* **Exercise goal**
The answer is to be an exact copy of the lines below running from the line with "use liteeth.Frontend.Etherbone.Sender" down to the line with "read = λ adr sel mem. mem adr;", both ends included, and nothing more.

* **Records for processing**

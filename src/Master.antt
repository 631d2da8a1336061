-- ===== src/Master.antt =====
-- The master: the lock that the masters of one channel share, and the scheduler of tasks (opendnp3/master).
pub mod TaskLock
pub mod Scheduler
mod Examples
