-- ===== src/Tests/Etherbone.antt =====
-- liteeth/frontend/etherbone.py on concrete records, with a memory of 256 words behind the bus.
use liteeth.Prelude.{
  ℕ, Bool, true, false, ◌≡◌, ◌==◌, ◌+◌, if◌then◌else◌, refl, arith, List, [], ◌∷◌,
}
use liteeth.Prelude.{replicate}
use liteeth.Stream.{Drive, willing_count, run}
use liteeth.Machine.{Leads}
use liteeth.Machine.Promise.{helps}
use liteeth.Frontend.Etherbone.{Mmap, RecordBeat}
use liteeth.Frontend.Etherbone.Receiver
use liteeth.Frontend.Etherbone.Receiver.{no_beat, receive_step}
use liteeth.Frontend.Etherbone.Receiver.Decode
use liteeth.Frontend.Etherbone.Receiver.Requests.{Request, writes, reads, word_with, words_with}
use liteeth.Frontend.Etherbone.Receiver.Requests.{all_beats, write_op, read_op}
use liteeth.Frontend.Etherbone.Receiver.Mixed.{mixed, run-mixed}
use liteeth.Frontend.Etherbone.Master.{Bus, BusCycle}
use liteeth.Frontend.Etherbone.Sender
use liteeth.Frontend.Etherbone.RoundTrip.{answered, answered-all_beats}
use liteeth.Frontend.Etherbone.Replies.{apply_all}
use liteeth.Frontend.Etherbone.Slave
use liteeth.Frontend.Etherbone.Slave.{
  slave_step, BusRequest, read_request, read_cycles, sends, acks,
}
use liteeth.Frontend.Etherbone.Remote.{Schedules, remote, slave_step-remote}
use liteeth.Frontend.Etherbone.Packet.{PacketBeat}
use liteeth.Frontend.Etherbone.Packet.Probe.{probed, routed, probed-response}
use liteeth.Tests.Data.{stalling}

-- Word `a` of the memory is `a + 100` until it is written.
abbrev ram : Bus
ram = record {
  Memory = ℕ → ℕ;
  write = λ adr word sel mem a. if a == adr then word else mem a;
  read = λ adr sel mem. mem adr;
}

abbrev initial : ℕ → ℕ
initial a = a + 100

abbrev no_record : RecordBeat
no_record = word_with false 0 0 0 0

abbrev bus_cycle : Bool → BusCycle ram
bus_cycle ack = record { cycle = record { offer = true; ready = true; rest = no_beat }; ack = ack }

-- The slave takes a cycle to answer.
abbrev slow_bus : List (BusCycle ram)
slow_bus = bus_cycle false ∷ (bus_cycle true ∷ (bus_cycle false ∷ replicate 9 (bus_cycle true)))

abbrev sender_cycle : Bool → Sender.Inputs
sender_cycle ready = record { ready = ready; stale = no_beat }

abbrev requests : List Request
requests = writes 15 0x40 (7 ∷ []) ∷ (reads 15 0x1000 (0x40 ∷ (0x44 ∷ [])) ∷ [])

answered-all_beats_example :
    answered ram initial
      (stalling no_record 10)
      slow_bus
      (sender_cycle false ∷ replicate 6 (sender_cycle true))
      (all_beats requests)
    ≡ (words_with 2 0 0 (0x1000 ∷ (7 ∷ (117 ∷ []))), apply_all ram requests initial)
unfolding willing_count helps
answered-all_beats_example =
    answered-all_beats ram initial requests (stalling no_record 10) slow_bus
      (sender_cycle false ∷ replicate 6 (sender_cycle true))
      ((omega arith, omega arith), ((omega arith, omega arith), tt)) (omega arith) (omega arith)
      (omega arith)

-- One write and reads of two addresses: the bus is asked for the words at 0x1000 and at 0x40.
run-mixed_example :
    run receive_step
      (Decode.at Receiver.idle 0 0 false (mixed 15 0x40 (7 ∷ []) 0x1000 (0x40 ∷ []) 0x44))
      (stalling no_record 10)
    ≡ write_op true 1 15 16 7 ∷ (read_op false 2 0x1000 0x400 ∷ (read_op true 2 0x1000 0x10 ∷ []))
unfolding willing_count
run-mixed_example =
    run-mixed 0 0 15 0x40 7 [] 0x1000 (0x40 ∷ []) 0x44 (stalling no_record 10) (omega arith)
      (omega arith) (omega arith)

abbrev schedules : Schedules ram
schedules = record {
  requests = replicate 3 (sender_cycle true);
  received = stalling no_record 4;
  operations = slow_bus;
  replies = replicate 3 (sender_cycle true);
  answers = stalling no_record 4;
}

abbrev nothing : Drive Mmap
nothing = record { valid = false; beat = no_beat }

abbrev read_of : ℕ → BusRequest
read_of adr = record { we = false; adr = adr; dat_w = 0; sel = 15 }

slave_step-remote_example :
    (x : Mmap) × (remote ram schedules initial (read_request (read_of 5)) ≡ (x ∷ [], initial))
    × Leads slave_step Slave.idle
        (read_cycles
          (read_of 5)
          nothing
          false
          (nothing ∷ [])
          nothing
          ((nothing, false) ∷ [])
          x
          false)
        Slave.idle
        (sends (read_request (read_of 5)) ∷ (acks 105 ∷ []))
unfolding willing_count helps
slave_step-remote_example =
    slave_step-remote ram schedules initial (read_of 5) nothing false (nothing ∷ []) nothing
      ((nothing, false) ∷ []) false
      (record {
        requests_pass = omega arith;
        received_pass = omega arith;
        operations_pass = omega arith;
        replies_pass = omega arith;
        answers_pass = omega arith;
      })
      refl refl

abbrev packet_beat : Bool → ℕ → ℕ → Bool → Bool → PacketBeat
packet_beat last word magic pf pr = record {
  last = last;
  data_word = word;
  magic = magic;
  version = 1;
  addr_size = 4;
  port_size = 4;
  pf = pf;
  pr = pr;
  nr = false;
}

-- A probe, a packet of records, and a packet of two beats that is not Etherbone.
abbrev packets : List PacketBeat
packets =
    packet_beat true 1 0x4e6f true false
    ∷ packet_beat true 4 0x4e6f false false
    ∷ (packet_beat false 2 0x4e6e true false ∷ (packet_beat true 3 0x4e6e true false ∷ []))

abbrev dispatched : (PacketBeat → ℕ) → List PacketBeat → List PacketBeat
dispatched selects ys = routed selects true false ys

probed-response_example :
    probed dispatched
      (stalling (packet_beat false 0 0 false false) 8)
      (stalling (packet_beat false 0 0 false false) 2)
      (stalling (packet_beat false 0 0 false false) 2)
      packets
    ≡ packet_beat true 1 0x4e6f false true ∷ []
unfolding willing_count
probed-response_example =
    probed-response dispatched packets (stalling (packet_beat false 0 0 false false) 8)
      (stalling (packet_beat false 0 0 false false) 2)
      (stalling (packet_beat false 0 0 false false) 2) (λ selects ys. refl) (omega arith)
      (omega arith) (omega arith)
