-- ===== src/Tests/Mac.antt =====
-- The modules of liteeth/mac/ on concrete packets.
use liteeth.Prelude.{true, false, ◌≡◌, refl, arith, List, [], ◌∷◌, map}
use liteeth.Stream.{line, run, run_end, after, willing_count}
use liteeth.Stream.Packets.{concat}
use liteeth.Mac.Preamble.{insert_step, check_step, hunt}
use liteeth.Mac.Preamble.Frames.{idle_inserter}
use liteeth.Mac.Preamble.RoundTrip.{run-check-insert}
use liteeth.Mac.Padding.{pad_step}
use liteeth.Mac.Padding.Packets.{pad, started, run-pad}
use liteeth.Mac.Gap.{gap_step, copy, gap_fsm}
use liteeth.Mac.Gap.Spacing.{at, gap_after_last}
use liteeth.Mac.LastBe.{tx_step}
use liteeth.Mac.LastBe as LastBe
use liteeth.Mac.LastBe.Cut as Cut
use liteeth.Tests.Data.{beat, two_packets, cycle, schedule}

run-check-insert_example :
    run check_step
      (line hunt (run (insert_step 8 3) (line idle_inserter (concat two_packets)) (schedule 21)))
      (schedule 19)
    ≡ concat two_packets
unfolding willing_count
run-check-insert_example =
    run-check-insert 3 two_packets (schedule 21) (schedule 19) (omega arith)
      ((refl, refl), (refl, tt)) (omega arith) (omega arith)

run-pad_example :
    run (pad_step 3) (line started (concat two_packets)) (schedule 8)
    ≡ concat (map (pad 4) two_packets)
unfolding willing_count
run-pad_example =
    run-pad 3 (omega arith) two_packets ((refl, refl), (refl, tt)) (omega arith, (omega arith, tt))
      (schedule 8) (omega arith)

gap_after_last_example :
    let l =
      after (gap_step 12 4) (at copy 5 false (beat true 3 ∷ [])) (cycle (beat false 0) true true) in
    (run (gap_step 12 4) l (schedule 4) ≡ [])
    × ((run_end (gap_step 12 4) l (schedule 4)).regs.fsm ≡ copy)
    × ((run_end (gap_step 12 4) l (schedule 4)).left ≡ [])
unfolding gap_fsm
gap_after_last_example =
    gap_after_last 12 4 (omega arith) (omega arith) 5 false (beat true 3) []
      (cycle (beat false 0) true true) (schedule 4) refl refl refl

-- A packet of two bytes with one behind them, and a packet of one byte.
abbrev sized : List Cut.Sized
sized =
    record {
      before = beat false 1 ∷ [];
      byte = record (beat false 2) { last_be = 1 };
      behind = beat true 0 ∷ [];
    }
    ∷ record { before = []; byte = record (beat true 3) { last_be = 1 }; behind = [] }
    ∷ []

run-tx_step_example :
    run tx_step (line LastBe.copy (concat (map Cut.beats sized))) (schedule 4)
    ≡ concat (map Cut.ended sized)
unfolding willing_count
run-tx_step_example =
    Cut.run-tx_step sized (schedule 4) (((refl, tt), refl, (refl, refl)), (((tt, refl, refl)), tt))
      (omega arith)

* **Exercise output**
use liteeth.Frontend.Etherbone.Sender
use liteeth.Frontend.Etherbone.RoundTrip.{answered, answered-all_beats}
use liteeth.Frontend.Etherbone.Replies.{apply_all}
use liteeth.Frontend.Etherbone.Slave
use liteeth.Frontend.Etherbone.Slave.{
  slave_step, BusRequest, read_request, read_cycles, sends, acks,
}
use liteeth.Frontend.Etherbone.Remote.{Schedules, remote, slave_step-remote}
use liteeth.Frontend.Etherbone.Packet.{PacketBeat}
use liteeth.Frontend.Etherbone.Packet.Probe.{probed, routed, probed-response}
use liteeth.Tests.Data.{stalling}

-- Word `a` of the memory is `a + 100` until it is written.
abbrev ram : Bus
ram = record {
  Memory = ℕ → ℕ;
  write = λ adr word sel mem a. if a == adr then word else mem a;
  read = λ adr sel mem. mem adr;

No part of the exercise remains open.